◆ **What is required**:
Among the records that follow, set down only the lines from the one containing "result_of BinaryOp.cpy = ResultCase.compare" to the one containing "binary_moving BinaryOp.cpx v", both included, exactly.

Collected data:
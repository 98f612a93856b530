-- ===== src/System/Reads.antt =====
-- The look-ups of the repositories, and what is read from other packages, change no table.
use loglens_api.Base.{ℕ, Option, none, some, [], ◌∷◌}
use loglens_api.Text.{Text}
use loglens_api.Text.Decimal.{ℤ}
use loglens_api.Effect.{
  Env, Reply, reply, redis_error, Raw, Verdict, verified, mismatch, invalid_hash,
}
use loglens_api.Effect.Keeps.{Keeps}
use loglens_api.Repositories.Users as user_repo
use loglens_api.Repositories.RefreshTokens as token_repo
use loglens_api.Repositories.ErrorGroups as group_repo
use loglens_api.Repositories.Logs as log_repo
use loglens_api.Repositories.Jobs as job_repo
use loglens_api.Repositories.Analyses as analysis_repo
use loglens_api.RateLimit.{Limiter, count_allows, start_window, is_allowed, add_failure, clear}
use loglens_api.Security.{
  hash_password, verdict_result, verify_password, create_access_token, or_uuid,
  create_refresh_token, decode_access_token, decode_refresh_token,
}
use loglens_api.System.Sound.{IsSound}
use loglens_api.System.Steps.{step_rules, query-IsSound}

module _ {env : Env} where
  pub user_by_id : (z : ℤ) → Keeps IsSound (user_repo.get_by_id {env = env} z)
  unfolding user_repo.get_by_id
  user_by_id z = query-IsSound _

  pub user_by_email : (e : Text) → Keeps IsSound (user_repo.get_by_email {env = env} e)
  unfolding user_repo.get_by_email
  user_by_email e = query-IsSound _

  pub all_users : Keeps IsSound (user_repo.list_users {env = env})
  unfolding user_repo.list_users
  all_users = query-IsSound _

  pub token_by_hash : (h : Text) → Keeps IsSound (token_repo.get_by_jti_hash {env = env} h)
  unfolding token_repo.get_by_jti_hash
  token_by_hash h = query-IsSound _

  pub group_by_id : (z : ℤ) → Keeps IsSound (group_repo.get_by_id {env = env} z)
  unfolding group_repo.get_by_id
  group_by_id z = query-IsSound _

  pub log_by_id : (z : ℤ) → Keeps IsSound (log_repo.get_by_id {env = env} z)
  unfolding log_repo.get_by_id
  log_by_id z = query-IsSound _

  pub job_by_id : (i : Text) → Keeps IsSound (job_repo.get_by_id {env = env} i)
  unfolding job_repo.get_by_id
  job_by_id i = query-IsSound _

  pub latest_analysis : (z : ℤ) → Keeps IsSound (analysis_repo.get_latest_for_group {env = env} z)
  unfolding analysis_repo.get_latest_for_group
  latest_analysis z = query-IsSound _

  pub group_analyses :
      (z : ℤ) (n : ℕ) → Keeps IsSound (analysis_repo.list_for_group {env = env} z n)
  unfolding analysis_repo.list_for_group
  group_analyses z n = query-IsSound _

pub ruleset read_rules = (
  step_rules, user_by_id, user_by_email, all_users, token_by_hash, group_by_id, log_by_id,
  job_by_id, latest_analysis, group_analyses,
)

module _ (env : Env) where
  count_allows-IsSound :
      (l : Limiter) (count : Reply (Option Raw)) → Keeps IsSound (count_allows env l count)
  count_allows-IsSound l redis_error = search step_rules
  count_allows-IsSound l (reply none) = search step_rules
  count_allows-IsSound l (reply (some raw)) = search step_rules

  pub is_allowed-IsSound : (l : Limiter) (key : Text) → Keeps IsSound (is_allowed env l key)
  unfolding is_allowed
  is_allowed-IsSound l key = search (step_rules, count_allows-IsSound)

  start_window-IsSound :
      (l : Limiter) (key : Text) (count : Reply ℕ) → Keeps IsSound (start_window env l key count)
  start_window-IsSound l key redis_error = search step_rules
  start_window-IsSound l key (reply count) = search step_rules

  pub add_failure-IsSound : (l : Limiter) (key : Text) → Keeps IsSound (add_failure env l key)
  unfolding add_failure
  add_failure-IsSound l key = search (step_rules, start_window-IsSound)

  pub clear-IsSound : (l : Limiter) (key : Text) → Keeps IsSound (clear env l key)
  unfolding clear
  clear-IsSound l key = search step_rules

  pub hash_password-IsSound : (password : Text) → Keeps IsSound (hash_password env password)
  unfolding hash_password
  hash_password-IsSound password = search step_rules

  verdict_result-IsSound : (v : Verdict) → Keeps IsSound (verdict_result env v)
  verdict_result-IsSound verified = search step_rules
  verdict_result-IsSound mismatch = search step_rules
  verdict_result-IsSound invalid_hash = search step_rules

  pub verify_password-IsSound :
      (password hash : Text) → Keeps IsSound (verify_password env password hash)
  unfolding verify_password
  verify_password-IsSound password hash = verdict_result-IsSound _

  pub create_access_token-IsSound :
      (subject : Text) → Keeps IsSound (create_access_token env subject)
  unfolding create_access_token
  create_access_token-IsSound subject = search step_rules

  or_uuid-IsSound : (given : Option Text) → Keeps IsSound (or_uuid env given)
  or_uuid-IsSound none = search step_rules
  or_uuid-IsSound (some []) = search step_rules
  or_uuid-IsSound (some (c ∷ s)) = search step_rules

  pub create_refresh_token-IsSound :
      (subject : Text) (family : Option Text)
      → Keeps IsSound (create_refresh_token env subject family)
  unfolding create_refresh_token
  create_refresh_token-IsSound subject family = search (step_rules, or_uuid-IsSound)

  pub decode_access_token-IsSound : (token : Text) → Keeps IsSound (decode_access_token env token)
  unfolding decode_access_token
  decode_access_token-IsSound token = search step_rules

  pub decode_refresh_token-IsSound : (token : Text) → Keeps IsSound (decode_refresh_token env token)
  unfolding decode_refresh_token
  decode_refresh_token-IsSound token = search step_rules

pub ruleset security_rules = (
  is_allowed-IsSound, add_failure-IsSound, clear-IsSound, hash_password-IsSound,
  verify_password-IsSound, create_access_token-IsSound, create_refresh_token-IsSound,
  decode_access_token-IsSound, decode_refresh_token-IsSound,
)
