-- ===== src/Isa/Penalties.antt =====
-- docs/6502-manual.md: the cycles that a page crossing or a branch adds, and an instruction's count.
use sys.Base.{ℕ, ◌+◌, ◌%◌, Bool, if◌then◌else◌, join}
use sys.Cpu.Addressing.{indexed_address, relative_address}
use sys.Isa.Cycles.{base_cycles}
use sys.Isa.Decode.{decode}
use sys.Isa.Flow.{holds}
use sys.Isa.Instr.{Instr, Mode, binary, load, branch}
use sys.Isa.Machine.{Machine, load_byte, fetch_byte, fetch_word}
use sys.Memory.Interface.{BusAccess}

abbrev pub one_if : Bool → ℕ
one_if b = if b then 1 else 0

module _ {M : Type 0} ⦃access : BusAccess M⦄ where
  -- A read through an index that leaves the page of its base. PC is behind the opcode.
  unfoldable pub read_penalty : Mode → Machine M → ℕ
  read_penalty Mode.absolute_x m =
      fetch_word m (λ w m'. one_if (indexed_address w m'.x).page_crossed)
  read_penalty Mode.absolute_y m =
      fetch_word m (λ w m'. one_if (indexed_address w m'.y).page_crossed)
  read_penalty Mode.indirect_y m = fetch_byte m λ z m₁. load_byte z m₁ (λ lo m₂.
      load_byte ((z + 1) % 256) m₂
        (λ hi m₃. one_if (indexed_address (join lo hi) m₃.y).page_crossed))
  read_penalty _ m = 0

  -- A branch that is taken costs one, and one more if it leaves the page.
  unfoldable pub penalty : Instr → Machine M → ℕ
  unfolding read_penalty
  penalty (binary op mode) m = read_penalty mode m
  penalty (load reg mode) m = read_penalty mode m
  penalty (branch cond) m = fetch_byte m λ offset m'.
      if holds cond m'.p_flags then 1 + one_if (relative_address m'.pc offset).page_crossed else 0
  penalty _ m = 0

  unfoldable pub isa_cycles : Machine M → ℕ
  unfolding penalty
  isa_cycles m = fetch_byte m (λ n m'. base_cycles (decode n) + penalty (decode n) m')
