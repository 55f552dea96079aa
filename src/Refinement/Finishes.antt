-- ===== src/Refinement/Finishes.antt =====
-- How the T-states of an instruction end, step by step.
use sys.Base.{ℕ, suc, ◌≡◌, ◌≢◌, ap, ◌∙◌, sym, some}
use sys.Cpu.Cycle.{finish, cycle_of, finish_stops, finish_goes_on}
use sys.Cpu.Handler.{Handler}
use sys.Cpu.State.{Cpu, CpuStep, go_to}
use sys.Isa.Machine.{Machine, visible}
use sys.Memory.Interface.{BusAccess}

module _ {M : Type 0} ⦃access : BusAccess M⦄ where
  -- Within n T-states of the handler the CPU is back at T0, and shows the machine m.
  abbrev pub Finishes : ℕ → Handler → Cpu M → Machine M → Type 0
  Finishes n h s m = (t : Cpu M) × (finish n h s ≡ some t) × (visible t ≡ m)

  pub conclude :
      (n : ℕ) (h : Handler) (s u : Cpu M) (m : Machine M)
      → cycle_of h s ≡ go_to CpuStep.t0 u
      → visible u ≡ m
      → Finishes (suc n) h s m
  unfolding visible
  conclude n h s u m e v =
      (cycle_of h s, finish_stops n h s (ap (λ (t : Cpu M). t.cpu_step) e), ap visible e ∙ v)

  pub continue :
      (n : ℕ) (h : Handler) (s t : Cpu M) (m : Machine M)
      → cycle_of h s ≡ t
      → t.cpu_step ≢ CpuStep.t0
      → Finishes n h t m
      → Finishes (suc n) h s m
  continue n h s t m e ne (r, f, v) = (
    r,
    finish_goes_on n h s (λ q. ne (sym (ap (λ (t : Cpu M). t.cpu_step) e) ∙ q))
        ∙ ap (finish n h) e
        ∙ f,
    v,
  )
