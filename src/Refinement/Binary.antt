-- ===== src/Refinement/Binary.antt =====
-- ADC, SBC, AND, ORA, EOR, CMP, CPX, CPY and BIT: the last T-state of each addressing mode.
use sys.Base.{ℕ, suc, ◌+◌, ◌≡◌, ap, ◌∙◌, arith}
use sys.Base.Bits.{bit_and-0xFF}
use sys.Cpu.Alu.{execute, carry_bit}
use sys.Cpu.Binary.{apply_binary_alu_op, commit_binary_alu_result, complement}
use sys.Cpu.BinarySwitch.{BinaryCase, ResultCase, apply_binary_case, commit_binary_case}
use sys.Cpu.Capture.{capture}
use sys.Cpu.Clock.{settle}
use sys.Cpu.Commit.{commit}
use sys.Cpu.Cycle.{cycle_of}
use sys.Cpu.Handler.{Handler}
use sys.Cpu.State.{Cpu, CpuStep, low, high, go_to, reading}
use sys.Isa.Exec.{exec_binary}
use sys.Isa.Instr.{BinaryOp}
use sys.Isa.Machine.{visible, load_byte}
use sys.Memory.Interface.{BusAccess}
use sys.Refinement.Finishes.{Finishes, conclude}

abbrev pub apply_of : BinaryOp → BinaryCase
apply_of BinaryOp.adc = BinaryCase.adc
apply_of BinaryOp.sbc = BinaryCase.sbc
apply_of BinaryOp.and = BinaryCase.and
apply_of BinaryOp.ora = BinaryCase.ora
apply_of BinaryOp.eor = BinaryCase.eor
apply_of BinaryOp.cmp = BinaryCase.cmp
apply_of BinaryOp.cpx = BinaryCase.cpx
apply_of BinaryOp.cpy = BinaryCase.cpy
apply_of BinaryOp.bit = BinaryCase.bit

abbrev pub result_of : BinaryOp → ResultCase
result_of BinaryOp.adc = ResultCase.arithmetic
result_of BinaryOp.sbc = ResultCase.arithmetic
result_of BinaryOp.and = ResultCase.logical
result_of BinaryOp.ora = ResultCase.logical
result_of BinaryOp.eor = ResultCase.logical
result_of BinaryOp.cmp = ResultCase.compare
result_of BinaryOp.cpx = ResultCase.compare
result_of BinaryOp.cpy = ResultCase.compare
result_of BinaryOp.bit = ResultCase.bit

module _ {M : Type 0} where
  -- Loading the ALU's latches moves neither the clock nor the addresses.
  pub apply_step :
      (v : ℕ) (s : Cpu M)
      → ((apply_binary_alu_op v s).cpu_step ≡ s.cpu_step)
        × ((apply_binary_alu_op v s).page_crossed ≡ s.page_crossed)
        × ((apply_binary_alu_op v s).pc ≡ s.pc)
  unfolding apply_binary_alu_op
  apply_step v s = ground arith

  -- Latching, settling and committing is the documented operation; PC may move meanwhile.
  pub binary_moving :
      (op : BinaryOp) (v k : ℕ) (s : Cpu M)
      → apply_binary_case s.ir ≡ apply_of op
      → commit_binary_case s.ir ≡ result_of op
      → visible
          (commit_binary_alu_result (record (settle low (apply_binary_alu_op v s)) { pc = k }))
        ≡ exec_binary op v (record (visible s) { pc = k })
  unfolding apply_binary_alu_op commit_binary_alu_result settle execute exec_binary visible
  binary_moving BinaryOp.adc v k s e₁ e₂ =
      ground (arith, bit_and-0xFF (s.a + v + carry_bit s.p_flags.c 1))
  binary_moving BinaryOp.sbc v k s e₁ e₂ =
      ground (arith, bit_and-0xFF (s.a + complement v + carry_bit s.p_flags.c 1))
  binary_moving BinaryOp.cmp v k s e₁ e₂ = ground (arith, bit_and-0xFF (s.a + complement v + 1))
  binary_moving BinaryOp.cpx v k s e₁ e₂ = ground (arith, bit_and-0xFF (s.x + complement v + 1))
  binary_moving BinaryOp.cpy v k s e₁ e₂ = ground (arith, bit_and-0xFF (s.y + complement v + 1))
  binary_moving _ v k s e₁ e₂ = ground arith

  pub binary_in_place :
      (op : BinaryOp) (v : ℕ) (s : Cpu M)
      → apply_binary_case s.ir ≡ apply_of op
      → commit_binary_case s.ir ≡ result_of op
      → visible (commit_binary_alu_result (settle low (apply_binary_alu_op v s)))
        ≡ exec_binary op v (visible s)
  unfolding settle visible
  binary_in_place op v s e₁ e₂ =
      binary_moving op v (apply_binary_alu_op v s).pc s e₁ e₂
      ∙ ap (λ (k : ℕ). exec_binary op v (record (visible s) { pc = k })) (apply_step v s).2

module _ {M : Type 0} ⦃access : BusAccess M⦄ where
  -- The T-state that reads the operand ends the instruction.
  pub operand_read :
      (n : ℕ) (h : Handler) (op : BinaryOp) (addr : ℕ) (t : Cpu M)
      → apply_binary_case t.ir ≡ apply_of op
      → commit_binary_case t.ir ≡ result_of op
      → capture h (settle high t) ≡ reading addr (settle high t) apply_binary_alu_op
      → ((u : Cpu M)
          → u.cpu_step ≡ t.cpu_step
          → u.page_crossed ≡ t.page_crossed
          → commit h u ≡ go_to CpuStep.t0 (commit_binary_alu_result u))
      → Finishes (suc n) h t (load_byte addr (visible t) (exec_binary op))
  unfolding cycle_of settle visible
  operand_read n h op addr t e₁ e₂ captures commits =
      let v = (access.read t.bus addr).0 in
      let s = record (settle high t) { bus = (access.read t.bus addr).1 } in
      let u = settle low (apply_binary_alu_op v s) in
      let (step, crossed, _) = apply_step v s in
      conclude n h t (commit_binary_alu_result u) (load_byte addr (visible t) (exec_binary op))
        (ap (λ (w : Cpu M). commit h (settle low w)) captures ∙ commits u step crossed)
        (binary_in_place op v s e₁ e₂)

◆ **Solution for this task**:
result_of BinaryOp.cpy = ResultCase.compare
result_of BinaryOp.bit = ResultCase.bit

module _ {M : Type 0} where
  -- Loading the ALU's latches moves neither the clock nor the addresses.
  pub apply_step :
      (v : ℕ) (s : Cpu M)
      → ((apply_binary_alu_op v s).cpu_step ≡ s.cpu_step)
        × ((apply_binary_alu_op v s).page_crossed ≡ s.page_crossed)
        × ((apply_binary_alu_op v s).pc ≡ s.pc)
  unfolding apply_binary_alu_op
  apply_step v s = ground arith

  -- Latching, settling and committing is the documented operation; PC may move meanwhile.
  pub binary_moving :
      (op : BinaryOp) (v k : ℕ) (s : Cpu M)
      → apply_binary_case s.ir ≡ apply_of op
      → commit_binary_case s.ir ≡ result_of op
      → visible
          (commit_binary_alu_result (record (settle low (apply_binary_alu_op v s)) { pc = k }))
        ≡ exec_binary op v (record (visible s) { pc = k })
  unfolding apply_binary_alu_op commit_binary_alu_result settle execute exec_binary visible
  binary_moving BinaryOp.adc v k s e₁ e₂ =
      ground (arith, bit_and-0xFF (s.a + v + carry_bit s.p_flags.c 1))
  binary_moving BinaryOp.sbc v k s e₁ e₂ =
      ground (arith, bit_and-0xFF (s.a + complement v + carry_bit s.p_flags.c 1))
  binary_moving BinaryOp.cmp v k s e₁ e₂ = ground (arith, bit_and-0xFF (s.a + complement v + 1))
  binary_moving BinaryOp.cpx v k s e₁ e₂ = ground (arith, bit_and-0xFF (s.x + complement v + 1))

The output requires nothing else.